ABOUT THIS TASK: I need each line of the entries below that includes the string "submitted".

Stored data
#####
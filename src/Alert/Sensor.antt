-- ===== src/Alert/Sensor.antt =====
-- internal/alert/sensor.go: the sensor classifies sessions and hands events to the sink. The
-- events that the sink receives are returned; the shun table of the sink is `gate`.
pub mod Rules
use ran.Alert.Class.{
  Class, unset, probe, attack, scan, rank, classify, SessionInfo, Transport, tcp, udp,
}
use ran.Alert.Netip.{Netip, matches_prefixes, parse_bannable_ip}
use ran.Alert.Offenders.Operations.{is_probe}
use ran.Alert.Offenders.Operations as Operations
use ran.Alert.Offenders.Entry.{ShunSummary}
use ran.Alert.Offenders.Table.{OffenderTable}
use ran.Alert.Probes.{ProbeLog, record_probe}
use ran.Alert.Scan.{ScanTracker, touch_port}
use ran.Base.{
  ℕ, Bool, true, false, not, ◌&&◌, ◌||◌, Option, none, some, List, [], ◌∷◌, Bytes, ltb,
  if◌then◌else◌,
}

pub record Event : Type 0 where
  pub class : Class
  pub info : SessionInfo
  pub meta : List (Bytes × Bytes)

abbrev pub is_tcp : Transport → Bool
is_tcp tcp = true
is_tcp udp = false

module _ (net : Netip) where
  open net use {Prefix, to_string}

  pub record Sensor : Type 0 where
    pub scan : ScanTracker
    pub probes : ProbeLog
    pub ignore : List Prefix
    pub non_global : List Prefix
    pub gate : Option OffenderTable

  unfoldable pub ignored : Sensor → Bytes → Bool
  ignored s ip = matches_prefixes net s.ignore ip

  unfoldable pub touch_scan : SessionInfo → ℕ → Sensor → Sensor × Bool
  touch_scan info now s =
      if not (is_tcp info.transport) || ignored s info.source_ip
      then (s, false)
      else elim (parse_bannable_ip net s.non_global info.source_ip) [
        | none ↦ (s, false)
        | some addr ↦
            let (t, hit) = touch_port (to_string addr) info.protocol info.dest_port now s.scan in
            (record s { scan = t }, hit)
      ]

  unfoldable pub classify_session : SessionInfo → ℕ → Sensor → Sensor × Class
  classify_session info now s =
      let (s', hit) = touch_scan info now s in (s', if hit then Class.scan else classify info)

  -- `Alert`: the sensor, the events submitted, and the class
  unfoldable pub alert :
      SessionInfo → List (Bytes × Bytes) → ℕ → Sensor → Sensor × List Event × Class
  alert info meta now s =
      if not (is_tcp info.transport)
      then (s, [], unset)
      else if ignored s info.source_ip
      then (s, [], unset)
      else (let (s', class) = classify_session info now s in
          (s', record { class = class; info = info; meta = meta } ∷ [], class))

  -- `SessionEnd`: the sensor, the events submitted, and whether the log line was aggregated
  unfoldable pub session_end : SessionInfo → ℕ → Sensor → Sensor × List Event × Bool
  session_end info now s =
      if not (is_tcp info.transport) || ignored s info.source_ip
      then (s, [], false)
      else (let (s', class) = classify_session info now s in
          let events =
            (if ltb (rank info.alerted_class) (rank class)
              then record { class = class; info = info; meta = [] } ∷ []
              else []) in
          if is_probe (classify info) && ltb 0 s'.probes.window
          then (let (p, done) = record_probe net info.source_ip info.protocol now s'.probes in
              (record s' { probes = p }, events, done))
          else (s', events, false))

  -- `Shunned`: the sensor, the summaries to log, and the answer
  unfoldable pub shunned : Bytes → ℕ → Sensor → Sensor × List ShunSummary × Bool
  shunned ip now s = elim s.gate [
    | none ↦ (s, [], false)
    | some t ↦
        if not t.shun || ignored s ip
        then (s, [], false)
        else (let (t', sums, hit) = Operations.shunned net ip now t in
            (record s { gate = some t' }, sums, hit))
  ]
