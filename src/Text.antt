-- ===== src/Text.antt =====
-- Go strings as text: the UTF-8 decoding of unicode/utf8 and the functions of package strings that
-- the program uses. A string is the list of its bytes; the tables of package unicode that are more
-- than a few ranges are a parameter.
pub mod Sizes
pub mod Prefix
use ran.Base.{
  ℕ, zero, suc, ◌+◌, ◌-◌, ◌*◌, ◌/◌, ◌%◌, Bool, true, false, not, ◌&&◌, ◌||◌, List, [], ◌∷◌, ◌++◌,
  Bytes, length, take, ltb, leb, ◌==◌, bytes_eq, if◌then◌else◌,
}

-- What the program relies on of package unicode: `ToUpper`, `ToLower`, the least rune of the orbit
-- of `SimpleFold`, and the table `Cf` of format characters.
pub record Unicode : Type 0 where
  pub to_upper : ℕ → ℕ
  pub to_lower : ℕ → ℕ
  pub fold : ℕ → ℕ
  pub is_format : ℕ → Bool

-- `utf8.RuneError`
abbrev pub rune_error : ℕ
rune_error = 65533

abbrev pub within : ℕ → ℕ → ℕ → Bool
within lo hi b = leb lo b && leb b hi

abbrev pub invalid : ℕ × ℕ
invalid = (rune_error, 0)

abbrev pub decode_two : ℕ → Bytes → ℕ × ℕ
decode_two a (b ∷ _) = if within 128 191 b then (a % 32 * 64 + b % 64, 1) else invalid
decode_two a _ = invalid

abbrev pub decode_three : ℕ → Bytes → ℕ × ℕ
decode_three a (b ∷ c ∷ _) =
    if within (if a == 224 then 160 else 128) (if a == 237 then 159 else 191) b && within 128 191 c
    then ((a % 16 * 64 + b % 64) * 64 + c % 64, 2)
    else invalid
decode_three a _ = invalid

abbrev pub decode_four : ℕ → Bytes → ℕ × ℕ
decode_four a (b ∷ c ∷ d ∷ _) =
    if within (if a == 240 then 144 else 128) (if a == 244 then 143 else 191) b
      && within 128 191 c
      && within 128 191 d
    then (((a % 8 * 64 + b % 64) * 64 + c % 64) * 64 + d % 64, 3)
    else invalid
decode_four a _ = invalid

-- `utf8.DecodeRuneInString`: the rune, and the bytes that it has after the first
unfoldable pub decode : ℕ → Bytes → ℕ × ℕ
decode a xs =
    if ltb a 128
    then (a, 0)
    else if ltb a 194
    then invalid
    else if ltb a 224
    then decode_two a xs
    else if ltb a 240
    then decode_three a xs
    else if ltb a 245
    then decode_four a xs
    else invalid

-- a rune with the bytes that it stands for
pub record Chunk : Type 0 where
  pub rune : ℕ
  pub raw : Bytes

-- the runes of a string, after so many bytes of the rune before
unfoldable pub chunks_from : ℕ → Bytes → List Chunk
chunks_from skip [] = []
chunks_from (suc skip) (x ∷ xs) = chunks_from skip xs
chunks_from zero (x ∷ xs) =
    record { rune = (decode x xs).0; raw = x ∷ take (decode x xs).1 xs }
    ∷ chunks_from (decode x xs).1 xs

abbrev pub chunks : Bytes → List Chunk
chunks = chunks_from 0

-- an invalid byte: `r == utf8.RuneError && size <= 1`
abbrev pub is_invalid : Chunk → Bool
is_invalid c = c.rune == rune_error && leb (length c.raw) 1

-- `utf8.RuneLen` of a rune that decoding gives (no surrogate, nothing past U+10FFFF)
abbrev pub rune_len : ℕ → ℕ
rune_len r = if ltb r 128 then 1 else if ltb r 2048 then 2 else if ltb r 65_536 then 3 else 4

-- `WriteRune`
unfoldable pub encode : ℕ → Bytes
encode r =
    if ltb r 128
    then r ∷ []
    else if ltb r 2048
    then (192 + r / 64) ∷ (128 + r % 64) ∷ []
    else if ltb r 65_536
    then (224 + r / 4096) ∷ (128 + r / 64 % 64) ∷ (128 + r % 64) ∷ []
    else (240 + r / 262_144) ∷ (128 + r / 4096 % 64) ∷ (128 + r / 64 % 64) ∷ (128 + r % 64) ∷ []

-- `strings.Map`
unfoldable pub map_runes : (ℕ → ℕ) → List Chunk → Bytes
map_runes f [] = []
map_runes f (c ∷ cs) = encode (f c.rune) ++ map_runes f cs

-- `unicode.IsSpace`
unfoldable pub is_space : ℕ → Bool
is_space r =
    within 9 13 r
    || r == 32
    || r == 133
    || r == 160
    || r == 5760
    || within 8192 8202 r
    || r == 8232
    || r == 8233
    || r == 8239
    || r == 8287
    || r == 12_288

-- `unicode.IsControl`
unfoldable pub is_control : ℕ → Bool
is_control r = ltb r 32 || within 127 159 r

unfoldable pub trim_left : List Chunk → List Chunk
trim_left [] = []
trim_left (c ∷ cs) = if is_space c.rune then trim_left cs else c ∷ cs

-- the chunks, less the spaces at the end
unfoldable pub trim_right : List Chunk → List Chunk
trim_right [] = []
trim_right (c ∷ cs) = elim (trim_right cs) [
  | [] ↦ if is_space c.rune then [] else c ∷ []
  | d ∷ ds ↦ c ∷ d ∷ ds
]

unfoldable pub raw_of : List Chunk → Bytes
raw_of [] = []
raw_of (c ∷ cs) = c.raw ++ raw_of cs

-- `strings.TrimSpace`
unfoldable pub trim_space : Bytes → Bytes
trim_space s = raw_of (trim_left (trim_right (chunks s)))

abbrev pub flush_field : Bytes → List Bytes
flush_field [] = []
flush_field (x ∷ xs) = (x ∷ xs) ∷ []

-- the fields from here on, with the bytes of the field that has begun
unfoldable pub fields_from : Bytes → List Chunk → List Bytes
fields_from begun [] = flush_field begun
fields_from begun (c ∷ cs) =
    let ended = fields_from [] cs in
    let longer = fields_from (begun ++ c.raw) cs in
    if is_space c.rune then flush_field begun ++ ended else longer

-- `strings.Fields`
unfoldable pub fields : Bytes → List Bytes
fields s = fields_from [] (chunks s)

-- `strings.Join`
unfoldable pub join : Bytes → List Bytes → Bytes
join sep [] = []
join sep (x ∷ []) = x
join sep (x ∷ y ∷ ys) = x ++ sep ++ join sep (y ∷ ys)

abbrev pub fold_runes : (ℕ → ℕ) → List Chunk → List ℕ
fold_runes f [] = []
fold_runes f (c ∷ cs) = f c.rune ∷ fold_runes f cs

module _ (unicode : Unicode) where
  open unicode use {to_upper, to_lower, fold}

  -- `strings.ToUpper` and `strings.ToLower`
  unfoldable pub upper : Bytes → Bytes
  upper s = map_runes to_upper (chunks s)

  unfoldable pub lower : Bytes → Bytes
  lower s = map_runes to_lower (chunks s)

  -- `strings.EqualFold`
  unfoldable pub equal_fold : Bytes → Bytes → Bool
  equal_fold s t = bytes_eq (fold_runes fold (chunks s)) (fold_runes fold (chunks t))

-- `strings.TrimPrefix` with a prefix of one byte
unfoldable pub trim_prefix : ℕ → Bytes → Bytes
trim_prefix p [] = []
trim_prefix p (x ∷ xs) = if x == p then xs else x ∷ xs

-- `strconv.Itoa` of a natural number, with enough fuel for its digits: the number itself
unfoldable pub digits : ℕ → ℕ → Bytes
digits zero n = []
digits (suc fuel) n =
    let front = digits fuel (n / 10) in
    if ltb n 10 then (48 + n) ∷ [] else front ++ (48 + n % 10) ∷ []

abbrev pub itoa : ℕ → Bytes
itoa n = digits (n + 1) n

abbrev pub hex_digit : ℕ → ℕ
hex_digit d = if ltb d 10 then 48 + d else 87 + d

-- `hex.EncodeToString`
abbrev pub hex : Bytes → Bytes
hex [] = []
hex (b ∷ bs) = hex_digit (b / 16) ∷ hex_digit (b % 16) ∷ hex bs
#####
SOLUTION TO THIS TASK:
  -- `Alert`: the sensor, the events submitted, and the class
  -- `SessionEnd`: the sensor, the events submitted, and whether the log line was aggregated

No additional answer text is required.